Input records
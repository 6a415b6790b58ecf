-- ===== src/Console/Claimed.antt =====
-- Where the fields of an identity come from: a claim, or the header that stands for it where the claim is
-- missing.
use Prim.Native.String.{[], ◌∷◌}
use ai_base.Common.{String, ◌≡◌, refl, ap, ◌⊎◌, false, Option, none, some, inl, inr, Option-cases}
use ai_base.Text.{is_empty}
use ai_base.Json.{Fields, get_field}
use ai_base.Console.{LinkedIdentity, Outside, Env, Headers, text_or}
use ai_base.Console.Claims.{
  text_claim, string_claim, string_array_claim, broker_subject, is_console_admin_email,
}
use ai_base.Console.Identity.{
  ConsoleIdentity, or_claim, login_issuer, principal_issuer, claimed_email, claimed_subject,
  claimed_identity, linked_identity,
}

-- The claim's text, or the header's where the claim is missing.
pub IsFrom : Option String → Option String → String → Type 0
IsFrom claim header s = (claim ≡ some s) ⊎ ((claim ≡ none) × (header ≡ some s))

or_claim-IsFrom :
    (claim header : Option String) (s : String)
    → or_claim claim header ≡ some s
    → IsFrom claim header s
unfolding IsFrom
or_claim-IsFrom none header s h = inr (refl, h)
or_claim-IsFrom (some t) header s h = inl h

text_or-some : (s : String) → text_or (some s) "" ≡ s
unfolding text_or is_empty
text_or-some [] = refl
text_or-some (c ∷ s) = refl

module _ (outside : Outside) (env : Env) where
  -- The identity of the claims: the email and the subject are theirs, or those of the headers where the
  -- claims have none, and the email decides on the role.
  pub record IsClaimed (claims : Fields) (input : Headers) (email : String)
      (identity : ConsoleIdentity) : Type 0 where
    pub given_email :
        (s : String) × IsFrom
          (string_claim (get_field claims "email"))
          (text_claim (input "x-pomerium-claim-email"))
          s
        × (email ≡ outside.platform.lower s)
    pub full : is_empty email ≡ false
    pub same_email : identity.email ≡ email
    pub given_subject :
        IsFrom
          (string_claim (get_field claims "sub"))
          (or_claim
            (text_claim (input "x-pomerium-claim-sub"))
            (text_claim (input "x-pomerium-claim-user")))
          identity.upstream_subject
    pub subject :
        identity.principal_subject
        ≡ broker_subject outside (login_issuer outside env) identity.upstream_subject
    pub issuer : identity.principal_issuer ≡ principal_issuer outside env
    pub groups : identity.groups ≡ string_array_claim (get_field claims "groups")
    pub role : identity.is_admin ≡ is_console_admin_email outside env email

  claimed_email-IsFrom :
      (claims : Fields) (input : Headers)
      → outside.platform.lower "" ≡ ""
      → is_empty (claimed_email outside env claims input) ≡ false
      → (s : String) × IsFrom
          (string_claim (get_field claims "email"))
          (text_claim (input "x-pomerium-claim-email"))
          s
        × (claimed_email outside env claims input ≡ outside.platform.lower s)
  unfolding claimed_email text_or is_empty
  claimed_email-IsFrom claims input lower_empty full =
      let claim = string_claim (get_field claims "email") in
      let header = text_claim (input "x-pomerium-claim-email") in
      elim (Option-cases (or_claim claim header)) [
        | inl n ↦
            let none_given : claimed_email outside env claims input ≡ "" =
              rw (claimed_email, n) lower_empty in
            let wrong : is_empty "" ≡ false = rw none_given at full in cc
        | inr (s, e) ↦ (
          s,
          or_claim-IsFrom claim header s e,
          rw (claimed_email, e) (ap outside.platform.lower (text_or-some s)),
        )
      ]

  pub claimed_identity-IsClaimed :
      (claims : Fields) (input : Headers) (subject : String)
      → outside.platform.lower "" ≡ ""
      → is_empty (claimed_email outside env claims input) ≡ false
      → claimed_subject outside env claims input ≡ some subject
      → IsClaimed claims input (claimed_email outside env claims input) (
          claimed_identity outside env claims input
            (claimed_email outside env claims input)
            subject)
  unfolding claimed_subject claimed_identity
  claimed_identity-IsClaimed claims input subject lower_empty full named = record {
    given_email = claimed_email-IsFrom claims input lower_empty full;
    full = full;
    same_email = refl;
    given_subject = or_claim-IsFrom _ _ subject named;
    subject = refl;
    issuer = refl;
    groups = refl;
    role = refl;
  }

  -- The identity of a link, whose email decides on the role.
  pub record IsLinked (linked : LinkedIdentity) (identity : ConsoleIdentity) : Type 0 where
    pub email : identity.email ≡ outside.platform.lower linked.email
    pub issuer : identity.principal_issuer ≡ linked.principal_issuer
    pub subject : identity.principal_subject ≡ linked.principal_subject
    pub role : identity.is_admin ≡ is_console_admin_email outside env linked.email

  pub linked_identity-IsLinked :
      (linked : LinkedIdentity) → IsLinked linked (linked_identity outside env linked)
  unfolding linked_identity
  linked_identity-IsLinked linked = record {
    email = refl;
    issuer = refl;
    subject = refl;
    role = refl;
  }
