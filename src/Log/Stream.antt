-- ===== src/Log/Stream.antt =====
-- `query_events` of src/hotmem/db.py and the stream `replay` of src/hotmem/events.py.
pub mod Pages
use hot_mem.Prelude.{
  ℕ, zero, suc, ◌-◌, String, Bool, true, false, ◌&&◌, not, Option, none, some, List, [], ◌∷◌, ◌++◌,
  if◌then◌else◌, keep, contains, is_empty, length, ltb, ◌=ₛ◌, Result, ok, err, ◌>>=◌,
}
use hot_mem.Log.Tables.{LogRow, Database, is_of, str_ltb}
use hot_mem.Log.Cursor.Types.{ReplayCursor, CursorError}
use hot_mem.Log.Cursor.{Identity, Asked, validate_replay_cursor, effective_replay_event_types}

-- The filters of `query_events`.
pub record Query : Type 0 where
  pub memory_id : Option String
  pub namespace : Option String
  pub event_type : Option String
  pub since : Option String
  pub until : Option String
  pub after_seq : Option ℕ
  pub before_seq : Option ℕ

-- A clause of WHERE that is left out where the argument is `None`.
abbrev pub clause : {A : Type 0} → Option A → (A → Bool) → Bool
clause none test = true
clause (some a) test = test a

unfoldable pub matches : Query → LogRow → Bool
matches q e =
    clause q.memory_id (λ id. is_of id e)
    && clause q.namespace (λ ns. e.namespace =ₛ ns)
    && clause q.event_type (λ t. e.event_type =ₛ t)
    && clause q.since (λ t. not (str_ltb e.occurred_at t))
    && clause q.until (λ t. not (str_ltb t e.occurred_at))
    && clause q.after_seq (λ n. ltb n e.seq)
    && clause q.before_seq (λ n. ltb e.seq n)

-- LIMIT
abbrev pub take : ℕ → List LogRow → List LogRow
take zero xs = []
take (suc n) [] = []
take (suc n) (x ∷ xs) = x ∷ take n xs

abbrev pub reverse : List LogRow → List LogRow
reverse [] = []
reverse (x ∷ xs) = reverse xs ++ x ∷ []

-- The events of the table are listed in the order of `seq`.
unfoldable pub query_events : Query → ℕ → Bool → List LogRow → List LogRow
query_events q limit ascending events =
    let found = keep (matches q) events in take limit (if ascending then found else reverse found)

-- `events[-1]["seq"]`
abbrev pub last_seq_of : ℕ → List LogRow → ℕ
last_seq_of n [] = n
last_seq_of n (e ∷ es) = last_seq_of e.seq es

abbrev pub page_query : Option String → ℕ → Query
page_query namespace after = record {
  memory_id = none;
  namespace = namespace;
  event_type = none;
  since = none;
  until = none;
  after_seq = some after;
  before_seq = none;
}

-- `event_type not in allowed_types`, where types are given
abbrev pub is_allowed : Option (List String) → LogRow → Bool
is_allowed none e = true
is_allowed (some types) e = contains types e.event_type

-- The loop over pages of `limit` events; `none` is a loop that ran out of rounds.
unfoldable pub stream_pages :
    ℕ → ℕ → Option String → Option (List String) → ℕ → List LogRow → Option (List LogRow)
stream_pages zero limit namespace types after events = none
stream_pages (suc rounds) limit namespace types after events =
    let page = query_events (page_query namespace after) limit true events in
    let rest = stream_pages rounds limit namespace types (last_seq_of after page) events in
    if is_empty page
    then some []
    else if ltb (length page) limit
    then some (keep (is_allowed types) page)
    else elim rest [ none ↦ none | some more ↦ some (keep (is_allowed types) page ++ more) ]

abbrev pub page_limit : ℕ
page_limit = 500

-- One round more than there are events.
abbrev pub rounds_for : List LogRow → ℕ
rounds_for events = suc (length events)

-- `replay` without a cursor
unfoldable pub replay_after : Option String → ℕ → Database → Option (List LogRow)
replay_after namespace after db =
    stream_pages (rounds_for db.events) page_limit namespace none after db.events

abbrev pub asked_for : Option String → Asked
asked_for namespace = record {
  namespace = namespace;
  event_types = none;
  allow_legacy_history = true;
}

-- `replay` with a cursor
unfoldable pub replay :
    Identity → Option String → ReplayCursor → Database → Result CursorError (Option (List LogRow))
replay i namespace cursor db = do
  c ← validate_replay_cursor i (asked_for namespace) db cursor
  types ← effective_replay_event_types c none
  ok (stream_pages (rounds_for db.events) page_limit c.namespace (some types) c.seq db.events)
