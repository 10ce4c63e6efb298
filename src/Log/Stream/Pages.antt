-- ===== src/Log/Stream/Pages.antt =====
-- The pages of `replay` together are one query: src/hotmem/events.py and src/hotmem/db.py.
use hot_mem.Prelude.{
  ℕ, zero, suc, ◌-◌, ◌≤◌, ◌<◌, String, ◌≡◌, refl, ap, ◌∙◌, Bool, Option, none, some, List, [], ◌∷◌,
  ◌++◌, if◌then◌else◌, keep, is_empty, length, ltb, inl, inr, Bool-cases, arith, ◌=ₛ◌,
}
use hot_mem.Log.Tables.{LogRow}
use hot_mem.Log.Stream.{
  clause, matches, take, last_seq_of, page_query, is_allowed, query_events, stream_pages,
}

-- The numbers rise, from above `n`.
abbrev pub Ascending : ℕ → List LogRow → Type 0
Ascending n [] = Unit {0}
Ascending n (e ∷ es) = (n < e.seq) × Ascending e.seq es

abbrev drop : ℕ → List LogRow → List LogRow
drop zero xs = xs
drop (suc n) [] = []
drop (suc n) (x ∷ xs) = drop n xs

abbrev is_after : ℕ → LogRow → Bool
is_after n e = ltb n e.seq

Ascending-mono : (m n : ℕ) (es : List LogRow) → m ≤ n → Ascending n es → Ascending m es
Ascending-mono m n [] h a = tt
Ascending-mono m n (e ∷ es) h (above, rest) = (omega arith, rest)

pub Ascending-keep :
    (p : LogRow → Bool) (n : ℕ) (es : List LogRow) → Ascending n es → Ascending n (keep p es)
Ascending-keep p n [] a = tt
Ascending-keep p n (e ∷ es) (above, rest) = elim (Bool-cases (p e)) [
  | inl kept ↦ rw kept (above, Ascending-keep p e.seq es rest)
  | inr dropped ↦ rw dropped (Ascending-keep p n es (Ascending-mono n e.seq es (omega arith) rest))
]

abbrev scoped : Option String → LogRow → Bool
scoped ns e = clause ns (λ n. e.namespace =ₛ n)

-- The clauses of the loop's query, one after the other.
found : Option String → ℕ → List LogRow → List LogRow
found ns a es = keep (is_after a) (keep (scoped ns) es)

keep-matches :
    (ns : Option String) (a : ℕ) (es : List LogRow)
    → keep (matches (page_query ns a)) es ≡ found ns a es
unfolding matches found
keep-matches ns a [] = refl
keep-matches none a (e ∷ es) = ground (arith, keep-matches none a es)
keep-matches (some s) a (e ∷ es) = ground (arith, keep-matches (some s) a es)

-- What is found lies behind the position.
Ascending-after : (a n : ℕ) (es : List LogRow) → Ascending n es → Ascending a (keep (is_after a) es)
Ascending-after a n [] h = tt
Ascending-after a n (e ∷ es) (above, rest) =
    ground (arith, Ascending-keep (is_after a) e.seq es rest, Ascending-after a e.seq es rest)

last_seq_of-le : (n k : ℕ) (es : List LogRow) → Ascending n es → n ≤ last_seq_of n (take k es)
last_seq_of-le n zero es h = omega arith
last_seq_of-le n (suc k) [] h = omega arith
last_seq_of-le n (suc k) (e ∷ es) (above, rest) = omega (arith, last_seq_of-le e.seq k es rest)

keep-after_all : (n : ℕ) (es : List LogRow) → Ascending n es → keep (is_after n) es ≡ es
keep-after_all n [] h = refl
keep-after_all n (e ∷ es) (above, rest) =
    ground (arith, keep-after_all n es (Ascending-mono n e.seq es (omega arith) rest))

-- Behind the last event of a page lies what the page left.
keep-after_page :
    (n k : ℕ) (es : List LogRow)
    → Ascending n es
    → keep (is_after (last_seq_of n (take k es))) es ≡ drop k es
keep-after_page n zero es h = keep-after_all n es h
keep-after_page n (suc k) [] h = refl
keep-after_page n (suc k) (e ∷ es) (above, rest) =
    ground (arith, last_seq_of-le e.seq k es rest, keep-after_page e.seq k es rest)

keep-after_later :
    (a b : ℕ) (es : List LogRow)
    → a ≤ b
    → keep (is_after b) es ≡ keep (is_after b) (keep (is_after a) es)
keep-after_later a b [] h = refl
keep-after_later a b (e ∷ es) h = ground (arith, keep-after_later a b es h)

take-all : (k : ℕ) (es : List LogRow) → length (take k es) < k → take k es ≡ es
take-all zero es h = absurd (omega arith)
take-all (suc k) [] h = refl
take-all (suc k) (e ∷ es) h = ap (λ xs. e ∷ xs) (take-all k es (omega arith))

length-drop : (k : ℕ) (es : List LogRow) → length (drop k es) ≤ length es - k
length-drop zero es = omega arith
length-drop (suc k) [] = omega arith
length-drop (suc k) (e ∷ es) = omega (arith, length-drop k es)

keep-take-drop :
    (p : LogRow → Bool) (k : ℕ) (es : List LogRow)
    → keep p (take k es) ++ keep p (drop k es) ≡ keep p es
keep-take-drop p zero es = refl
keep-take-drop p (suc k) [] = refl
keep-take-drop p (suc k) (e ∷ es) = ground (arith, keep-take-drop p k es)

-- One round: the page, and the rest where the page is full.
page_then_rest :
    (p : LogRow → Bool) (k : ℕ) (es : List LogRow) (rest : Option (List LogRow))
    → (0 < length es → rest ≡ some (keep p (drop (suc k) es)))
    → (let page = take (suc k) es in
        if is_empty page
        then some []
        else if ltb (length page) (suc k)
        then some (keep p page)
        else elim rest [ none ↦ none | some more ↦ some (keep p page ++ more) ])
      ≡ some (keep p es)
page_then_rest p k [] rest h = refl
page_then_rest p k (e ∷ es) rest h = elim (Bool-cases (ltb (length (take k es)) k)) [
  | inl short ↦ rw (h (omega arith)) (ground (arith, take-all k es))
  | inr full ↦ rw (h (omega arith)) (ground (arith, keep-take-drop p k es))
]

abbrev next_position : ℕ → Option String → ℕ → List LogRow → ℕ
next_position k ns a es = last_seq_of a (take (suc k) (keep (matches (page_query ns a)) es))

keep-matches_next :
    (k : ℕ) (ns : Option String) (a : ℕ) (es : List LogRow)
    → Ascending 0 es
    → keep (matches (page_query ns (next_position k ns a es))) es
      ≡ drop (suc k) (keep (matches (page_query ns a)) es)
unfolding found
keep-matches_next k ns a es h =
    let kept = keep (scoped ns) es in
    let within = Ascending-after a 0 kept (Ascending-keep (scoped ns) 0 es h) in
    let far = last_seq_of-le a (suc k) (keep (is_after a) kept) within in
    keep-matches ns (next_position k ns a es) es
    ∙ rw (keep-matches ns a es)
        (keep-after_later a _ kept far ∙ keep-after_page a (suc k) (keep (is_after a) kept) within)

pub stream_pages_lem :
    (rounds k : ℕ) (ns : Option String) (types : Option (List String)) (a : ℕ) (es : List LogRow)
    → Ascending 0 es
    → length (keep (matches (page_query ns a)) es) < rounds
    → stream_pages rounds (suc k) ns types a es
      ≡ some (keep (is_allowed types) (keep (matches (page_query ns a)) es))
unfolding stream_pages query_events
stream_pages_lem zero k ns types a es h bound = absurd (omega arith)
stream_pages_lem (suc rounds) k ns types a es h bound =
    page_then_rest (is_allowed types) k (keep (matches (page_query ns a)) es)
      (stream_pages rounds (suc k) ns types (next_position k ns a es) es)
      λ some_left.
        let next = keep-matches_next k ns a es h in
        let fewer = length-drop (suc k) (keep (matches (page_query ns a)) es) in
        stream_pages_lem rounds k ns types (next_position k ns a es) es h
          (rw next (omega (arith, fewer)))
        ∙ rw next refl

Exercise instructions
Number of lines above containing "decides": give it, with no other text.

Answer to this exercise
2